● Exercise
Where the listing below reaches the line containing "200 * turns", start writing out lines exactly, and stop once the line containing "(first_reading ((timeout +" has been written.

● Input
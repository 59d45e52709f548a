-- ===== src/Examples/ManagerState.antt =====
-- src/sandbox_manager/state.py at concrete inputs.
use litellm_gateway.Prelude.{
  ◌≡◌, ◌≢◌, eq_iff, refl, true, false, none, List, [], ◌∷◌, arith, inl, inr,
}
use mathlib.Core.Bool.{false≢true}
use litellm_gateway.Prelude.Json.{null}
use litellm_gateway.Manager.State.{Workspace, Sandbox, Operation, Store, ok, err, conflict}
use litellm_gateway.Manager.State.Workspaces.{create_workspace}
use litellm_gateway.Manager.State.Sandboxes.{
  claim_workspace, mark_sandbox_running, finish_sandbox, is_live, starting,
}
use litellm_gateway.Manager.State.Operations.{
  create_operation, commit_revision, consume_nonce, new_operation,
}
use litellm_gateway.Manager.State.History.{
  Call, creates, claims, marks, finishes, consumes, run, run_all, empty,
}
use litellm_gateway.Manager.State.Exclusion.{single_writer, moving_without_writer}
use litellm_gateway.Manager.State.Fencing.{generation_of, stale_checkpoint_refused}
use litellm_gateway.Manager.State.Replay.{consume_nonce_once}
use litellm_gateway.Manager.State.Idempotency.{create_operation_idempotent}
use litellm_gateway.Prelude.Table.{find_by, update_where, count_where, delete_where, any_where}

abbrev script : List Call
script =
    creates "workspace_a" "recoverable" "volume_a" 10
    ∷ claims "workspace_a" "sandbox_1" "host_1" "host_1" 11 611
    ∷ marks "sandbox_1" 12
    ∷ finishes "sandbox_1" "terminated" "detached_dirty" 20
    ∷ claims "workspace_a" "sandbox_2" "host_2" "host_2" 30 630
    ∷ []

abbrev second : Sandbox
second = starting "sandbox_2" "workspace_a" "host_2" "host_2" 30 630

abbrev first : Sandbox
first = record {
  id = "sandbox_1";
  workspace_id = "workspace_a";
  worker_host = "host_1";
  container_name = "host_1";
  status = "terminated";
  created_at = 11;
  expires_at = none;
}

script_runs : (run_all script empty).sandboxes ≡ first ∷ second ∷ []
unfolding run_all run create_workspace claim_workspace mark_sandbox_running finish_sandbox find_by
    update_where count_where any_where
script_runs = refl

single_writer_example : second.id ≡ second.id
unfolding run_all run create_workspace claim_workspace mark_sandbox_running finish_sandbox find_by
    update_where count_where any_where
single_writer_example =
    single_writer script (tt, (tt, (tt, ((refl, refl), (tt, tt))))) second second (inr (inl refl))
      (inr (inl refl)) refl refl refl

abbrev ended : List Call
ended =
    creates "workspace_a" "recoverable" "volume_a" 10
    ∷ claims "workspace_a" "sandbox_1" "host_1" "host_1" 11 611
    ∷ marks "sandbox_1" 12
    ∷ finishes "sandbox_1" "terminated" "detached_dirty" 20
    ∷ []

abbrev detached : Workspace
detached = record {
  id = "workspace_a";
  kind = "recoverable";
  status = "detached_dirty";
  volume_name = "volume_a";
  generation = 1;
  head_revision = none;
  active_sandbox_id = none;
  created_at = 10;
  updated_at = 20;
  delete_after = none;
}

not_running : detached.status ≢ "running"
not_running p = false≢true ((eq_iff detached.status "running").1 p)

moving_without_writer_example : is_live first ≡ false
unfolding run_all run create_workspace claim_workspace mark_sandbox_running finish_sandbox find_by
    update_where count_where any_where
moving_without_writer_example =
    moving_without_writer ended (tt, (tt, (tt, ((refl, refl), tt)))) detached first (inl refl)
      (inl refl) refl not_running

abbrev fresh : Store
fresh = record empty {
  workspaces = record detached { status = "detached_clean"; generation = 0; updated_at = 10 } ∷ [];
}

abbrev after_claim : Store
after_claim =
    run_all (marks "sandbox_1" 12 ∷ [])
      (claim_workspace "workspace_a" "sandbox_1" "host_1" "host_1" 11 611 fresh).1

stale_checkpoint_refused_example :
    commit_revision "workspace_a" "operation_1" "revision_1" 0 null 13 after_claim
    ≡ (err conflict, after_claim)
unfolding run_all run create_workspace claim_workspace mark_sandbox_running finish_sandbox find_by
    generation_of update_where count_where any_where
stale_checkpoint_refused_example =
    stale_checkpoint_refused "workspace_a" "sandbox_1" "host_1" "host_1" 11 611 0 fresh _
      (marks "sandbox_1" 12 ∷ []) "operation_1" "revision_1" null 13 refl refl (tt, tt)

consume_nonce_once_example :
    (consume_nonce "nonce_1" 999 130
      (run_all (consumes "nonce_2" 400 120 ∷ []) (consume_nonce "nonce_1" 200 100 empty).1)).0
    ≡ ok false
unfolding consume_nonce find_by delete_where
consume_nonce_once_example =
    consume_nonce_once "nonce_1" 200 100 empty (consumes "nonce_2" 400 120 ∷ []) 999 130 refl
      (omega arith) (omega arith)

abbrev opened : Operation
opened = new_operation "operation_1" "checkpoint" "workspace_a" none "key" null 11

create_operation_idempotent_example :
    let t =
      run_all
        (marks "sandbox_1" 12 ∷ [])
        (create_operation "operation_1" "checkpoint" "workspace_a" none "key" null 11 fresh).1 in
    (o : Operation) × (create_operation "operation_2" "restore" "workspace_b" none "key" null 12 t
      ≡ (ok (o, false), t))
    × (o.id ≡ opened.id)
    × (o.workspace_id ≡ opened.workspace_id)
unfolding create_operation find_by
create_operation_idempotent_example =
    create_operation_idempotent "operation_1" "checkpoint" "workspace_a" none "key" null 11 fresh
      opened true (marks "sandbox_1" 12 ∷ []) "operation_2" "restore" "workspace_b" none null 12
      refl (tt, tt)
---
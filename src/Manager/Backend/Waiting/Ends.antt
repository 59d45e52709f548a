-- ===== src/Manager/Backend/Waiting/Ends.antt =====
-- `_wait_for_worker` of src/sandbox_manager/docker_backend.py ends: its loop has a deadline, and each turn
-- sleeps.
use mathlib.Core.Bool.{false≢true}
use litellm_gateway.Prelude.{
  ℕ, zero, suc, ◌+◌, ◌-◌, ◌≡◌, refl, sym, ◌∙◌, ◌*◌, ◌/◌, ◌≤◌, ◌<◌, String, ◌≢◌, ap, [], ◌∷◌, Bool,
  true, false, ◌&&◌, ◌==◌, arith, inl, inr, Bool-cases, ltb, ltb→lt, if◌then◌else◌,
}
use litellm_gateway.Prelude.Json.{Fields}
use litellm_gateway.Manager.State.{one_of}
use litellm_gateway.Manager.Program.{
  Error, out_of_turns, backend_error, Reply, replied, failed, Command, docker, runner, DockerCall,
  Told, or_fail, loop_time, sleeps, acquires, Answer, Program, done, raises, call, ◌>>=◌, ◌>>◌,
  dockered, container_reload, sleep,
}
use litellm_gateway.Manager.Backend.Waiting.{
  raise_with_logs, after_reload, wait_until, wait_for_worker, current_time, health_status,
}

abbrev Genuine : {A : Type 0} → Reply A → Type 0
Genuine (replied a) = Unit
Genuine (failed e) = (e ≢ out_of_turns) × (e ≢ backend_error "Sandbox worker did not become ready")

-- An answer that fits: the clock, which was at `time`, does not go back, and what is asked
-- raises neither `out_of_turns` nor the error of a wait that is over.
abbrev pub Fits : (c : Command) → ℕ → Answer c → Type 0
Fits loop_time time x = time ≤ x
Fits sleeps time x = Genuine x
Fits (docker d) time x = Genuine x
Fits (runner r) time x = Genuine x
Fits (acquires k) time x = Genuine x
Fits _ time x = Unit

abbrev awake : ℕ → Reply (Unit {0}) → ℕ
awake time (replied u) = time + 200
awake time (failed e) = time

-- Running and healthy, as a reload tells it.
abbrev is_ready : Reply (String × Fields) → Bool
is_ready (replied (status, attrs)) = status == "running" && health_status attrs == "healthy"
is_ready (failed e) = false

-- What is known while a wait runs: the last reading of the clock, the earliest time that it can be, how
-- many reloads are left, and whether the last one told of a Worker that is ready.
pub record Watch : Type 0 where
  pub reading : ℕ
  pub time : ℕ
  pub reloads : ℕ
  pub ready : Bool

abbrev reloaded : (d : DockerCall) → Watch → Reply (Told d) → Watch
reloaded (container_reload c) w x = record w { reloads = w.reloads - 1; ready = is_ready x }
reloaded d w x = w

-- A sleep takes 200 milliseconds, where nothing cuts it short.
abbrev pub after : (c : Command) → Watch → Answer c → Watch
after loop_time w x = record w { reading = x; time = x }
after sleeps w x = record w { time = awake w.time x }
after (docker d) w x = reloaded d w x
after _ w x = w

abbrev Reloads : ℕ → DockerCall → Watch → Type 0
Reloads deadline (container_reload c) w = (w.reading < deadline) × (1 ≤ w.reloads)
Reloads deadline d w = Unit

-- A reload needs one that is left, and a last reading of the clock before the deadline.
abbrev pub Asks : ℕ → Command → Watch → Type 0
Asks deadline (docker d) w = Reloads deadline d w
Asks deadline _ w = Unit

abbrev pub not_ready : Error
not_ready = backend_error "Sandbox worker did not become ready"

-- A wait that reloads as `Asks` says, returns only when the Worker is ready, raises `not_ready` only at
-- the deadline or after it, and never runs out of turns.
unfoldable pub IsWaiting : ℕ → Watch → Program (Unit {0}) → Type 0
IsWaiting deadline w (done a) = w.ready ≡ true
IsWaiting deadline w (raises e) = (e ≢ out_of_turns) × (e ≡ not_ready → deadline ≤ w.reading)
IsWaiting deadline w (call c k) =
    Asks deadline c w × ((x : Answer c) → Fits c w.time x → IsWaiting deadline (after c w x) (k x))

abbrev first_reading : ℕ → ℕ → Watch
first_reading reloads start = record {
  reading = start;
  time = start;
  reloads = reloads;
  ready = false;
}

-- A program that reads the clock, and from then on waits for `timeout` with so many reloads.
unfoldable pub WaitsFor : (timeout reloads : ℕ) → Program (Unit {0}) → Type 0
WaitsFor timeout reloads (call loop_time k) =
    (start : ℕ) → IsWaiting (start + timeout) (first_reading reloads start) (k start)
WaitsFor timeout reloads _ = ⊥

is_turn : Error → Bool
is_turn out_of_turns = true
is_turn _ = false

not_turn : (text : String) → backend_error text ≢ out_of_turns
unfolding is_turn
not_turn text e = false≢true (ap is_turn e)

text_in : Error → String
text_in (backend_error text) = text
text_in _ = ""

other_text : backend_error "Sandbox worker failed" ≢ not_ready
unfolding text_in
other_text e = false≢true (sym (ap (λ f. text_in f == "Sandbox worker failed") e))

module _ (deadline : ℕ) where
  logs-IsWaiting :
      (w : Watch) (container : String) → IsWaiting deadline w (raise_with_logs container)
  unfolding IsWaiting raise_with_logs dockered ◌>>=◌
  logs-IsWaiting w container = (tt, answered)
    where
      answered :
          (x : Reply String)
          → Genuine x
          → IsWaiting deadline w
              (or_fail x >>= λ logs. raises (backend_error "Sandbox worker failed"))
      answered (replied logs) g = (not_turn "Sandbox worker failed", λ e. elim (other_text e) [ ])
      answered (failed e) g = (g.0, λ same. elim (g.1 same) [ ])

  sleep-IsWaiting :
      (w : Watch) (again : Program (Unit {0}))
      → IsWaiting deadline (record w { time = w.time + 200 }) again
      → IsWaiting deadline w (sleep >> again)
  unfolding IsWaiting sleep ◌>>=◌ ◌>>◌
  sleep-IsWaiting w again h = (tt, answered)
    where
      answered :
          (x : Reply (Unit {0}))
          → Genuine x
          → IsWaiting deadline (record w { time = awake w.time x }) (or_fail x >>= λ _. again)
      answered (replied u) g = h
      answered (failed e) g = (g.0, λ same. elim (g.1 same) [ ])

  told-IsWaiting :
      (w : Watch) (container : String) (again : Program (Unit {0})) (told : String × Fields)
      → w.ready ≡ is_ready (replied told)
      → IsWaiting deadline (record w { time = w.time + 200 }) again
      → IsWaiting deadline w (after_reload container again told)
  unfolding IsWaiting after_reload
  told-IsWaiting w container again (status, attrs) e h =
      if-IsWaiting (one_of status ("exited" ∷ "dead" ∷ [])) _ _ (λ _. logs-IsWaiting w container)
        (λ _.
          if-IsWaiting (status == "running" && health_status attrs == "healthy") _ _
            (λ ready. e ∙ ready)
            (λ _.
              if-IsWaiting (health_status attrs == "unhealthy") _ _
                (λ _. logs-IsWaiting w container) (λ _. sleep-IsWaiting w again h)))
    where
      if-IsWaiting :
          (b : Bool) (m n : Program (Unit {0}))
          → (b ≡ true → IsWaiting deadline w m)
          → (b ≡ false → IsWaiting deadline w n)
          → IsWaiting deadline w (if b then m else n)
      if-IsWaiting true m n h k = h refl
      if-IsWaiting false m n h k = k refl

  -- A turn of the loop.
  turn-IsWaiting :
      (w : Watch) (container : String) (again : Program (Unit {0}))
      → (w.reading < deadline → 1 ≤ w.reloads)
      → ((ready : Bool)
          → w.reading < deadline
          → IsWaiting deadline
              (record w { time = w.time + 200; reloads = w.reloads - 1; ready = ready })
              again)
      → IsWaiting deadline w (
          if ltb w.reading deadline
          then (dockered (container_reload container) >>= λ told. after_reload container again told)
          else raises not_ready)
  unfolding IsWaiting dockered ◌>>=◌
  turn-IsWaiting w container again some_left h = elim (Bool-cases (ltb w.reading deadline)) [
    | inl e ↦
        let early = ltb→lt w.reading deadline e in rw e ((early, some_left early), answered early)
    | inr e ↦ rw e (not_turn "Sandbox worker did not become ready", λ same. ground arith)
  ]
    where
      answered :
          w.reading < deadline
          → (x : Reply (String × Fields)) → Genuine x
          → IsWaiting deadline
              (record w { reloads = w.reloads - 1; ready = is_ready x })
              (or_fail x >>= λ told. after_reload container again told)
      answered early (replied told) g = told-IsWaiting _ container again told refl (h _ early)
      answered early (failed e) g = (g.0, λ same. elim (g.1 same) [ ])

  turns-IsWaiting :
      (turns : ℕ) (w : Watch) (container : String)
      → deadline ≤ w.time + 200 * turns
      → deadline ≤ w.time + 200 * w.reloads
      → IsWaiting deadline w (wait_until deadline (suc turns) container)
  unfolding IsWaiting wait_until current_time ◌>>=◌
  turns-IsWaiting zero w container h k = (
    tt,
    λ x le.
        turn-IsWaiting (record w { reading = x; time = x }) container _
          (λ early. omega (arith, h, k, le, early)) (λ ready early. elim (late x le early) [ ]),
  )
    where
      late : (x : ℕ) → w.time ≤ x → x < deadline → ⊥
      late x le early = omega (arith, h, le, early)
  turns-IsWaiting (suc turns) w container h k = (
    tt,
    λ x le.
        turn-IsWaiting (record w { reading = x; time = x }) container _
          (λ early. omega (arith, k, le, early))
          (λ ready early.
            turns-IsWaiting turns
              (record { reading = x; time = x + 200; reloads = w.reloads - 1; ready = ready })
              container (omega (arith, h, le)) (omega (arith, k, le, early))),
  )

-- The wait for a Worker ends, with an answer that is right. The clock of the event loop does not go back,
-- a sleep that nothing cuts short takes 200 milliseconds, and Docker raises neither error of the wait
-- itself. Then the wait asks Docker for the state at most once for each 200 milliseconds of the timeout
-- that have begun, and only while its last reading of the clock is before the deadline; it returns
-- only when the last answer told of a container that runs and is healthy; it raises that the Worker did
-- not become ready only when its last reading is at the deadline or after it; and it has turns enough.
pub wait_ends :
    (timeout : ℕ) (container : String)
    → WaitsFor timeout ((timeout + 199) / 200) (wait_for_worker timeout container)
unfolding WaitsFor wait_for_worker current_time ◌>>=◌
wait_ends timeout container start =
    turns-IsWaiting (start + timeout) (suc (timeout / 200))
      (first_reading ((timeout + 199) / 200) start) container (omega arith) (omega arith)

● Solution
      → deadline ≤ w.time + 200 * turns
      → deadline ≤ w.time + 200 * w.reloads
      → IsWaiting deadline w (wait_until deadline (suc turns) container)
  unfolding IsWaiting wait_until current_time ◌>>=◌
  turns-IsWaiting zero w container h k = (
    tt,
    λ x le.
        turn-IsWaiting (record w { reading = x; time = x }) container _
          (λ early. omega (arith, h, k, le, early)) (λ ready early. elim (late x le early) [ ]),
  )
    where
      late : (x : ℕ) → w.time ≤ x → x < deadline → ⊥
      late x le early = omega (arith, h, le, early)
  turns-IsWaiting (suc turns) w container h k = (
    tt,
    λ x le.
        turn-IsWaiting (record w { reading = x; time = x }) container _
          (λ early. omega (arith, k, le, early))
          (λ ready early.
            turns-IsWaiting turns
              (record { reading = x; time = x + 200; reloads = w.reloads - 1; ready = ready })
              container (omega (arith, h, le)) (omega (arith, k, le, early))),
  )

-- The wait for a Worker ends, with an answer that is right. The clock of the event loop does not go back,
-- a sleep that nothing cuts short takes 200 milliseconds, and Docker raises neither error of the wait
-- itself. Then the wait asks Docker for the state at most once for each 200 milliseconds of the timeout
-- that have begun, and only while its last reading of the clock is before the deadline; it returns
-- only when the last answer told of a container that runs and is healthy; it raises that the Worker did
-- not become ready only when its last reading is at the deadline or after it; and it has turns enough.
pub wait_ends :
    (timeout : ℕ) (container : String)
    → WaitsFor timeout ((timeout + 199) / 200) (wait_for_worker timeout container)
unfolding WaitsFor wait_for_worker current_time ◌>>=◌
wait_ends timeout container start =
    turns-IsWaiting (start + timeout) (suc (timeout / 200))
      (first_reading ((timeout + 199) / 200) start) container (omega arith) (omega arith)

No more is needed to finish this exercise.